(Collected data entries)
-------
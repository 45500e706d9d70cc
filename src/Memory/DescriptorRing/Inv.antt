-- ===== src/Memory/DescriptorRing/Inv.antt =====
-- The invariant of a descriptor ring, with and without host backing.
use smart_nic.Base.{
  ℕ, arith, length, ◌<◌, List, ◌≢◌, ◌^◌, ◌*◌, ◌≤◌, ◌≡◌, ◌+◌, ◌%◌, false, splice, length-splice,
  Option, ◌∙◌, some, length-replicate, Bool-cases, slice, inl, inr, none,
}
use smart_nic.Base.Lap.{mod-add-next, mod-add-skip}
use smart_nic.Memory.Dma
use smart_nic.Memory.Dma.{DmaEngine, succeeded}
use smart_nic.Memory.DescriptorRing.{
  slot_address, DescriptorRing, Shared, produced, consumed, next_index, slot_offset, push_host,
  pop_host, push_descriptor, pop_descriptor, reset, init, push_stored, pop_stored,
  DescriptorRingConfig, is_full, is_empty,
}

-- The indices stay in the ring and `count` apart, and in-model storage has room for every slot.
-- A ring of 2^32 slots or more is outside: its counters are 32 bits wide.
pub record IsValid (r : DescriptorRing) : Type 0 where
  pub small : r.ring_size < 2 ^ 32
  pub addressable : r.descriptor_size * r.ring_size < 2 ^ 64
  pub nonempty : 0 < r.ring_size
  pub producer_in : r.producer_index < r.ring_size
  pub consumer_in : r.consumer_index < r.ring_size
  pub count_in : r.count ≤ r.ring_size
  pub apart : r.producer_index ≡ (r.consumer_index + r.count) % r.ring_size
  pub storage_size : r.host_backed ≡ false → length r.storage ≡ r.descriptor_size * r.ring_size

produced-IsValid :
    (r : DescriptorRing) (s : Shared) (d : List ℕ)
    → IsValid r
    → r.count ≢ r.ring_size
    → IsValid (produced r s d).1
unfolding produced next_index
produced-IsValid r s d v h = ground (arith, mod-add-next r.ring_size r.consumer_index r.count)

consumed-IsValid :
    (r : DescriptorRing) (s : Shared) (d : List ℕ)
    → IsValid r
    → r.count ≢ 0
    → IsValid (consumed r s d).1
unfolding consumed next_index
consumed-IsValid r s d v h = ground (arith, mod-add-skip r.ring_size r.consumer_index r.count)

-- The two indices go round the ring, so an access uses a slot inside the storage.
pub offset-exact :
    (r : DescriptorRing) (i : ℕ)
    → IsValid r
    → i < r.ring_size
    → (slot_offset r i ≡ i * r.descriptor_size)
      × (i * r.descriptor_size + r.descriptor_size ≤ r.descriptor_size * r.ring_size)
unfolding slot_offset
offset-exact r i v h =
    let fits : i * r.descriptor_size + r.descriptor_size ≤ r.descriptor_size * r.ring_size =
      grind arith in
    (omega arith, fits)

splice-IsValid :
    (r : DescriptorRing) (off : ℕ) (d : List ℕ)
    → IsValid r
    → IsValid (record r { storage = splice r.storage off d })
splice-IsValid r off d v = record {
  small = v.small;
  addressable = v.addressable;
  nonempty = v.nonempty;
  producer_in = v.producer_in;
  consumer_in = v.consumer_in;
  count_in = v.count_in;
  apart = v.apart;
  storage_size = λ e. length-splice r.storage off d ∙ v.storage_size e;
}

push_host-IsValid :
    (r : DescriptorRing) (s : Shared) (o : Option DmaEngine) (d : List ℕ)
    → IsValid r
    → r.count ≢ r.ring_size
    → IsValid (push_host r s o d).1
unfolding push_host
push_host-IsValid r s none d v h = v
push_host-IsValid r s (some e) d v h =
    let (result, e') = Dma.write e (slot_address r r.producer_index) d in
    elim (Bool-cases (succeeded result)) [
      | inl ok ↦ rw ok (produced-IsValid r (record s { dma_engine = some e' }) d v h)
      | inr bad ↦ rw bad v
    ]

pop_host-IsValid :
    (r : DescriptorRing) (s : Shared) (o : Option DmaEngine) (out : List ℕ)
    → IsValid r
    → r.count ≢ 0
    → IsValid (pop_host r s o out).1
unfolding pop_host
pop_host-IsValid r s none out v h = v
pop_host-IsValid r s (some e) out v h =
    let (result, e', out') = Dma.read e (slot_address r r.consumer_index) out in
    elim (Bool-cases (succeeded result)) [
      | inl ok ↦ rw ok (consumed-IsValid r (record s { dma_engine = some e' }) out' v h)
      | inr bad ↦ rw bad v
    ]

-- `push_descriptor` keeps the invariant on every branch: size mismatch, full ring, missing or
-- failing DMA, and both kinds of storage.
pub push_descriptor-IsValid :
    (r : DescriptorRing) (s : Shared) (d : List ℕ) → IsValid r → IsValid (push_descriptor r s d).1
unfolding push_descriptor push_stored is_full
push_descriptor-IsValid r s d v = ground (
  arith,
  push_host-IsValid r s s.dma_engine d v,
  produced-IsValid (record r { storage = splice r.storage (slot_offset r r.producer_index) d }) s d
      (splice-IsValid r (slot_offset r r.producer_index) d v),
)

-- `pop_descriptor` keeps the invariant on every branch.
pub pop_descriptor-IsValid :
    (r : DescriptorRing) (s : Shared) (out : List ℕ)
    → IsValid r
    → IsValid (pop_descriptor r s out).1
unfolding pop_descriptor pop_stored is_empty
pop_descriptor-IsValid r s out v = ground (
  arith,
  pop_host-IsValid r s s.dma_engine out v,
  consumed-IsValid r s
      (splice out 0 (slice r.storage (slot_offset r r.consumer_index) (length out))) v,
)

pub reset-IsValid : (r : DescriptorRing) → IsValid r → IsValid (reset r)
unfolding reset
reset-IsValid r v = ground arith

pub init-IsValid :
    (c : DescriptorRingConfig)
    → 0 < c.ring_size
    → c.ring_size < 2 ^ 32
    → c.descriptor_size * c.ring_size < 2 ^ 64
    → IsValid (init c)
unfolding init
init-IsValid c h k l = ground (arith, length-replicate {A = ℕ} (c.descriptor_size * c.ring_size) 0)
-------
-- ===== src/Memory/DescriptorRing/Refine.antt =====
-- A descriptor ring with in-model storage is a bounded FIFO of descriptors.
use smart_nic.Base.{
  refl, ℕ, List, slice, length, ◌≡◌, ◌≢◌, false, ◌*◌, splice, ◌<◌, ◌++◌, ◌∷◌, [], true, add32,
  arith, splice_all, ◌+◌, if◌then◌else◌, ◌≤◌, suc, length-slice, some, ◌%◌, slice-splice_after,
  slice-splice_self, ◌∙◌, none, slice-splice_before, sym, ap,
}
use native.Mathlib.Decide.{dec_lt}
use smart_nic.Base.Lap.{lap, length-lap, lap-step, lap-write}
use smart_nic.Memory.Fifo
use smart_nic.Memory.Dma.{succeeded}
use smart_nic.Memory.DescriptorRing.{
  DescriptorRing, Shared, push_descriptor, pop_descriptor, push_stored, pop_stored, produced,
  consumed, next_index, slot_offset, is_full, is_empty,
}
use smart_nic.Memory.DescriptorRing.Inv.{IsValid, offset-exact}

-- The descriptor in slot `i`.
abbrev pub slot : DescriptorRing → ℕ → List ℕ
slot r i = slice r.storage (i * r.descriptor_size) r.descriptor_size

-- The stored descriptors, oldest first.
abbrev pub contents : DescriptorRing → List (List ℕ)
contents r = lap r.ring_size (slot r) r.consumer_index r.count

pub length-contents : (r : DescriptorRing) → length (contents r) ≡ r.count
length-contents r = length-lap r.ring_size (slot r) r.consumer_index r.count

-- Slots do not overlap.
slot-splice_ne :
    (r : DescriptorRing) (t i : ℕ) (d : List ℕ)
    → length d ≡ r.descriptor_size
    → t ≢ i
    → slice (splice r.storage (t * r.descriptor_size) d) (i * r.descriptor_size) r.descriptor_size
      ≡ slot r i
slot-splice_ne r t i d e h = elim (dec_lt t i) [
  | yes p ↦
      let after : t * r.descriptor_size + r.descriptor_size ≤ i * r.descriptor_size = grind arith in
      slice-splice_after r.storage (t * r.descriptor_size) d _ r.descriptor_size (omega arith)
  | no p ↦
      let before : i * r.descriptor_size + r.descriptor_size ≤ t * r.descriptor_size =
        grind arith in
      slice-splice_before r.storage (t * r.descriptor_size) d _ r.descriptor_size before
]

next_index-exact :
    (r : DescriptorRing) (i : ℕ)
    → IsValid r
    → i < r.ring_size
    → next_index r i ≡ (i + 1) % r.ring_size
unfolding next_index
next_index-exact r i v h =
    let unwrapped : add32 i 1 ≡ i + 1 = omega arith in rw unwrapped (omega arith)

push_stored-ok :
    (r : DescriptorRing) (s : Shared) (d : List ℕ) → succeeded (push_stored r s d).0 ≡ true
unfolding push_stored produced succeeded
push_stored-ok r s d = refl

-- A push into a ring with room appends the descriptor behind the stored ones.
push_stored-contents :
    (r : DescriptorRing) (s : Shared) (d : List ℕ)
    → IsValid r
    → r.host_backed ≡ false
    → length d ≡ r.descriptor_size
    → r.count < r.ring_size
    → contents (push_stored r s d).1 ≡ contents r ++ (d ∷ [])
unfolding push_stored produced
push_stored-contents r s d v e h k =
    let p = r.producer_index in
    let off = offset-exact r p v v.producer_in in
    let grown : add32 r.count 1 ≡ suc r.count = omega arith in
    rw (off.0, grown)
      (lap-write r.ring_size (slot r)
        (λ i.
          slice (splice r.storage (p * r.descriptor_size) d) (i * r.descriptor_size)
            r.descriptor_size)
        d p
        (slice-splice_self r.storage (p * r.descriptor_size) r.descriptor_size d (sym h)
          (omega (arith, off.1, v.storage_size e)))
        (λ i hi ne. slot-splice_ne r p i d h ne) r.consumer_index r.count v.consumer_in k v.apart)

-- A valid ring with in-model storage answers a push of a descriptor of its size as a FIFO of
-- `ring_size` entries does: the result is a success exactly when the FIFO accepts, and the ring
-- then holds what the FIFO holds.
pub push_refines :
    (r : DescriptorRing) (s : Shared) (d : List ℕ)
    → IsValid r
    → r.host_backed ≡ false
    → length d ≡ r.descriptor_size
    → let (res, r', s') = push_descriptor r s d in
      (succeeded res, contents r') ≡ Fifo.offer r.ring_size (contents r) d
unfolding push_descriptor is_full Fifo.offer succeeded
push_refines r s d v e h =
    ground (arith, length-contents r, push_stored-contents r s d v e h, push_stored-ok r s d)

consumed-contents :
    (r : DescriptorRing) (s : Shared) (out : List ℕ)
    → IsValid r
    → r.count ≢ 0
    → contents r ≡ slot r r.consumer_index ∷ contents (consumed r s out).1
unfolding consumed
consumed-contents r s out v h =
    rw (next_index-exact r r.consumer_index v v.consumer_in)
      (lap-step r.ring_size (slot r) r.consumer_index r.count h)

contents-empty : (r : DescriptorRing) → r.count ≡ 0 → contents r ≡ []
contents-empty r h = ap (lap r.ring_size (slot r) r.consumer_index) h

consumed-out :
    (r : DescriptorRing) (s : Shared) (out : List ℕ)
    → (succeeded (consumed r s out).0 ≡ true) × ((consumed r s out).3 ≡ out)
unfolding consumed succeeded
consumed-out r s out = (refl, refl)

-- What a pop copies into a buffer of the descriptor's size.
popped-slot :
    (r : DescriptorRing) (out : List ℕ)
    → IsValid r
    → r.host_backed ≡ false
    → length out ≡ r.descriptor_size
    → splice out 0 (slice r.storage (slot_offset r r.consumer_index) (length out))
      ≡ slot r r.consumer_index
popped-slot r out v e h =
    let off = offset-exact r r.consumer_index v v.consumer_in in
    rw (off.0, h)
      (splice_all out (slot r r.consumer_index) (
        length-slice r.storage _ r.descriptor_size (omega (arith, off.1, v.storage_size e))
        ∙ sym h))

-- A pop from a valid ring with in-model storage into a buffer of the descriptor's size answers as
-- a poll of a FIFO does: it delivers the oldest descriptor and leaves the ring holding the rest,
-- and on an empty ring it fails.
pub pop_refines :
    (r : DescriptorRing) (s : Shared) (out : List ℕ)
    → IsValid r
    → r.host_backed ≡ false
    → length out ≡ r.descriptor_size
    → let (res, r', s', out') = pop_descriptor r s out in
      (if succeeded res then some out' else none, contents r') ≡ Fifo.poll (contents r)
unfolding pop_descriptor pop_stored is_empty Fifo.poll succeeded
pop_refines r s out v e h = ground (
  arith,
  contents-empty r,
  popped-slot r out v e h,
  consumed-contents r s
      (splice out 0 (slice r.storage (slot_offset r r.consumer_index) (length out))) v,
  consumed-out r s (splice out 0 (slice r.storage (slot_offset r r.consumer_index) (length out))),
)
-------
*Exercise instructions*
Find how many of the lines above have the word "oldest" in them. State only that number.

*Solution for this task*
2